Extracted data Block Start

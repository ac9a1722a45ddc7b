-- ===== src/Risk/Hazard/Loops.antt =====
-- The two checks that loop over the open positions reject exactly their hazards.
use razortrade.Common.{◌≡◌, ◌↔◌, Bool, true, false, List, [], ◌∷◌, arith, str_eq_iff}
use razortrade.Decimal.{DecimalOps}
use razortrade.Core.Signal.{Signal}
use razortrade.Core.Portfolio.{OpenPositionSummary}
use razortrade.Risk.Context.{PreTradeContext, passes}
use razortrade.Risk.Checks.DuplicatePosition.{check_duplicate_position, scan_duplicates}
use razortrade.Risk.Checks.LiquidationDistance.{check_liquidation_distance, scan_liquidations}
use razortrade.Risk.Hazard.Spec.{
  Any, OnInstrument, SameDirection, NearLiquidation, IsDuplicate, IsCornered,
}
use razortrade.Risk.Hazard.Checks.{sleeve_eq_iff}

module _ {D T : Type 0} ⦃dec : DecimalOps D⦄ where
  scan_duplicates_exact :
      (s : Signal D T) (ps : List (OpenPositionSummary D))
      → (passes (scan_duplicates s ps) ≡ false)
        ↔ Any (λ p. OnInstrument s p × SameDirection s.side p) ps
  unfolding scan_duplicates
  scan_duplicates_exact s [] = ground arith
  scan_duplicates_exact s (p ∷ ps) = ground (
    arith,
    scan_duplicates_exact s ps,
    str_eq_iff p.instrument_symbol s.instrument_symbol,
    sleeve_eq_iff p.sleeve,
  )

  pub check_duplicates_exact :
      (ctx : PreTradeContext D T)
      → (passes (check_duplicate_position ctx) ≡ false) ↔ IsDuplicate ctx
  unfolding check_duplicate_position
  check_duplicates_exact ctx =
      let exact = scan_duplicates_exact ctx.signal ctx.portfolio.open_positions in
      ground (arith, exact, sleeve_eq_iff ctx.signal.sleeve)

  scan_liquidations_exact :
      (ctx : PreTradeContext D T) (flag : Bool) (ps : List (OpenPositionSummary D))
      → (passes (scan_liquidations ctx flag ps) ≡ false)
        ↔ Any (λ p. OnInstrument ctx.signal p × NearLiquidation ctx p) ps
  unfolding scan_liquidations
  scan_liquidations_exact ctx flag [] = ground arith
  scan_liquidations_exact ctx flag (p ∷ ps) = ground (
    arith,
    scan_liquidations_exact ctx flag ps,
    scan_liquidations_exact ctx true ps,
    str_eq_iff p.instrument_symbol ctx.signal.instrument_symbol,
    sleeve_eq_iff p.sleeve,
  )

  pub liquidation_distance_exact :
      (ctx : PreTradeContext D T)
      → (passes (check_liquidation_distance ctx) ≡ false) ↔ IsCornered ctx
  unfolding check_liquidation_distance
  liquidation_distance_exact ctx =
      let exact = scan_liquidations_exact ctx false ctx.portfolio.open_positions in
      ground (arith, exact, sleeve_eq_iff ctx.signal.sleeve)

Extracted data Block End

— Assigned task —
Nothing but the lines from the one containing "DecimalOps D⦄ where" to the end of the entries belongs in the answer, and each must match exactly.

— Answer to the problem —
module _ {D T : Type 0} ⦃dec : DecimalOps D⦄ where
  scan_duplicates_exact :
      (s : Signal D T) (ps : List (OpenPositionSummary D))
      → (passes (scan_duplicates s ps) ≡ false)
        ↔ Any (λ p. OnInstrument s p × SameDirection s.side p) ps
  unfolding scan_duplicates
  scan_duplicates_exact s [] = ground arith
  scan_duplicates_exact s (p ∷ ps) = ground (
    arith,
    scan_duplicates_exact s ps,
    str_eq_iff p.instrument_symbol s.instrument_symbol,
    sleeve_eq_iff p.sleeve,
  )

  pub check_duplicates_exact :
      (ctx : PreTradeContext D T)
      → (passes (check_duplicate_position ctx) ≡ false) ↔ IsDuplicate ctx
  unfolding check_duplicate_position
  check_duplicates_exact ctx =
      let exact = scan_duplicates_exact ctx.signal ctx.portfolio.open_positions in
      ground (arith, exact, sleeve_eq_iff ctx.signal.sleeve)

  scan_liquidations_exact :
      (ctx : PreTradeContext D T) (flag : Bool) (ps : List (OpenPositionSummary D))
      → (passes (scan_liquidations ctx flag ps) ≡ false)
        ↔ Any (λ p. OnInstrument ctx.signal p × NearLiquidation ctx p) ps
  unfolding scan_liquidations
  scan_liquidations_exact ctx flag [] = ground arith
  scan_liquidations_exact ctx flag (p ∷ ps) = ground (
    arith,
    scan_liquidations_exact ctx flag ps,
    scan_liquidations_exact ctx true ps,
    str_eq_iff p.instrument_symbol ctx.signal.instrument_symbol,
    sleeve_eq_iff p.sleeve,
  )

  pub liquidation_distance_exact :
      (ctx : PreTradeContext D T)
      → (passes (check_liquidation_distance ctx) ≡ false) ↔ IsCornered ctx
  unfolding check_liquidation_distance
  liquidation_distance_exact ctx =
      let exact = scan_liquidations_exact ctx false ctx.portfolio.open_positions in
      ground (arith, exact, sleeve_eq_iff ctx.signal.sleeve)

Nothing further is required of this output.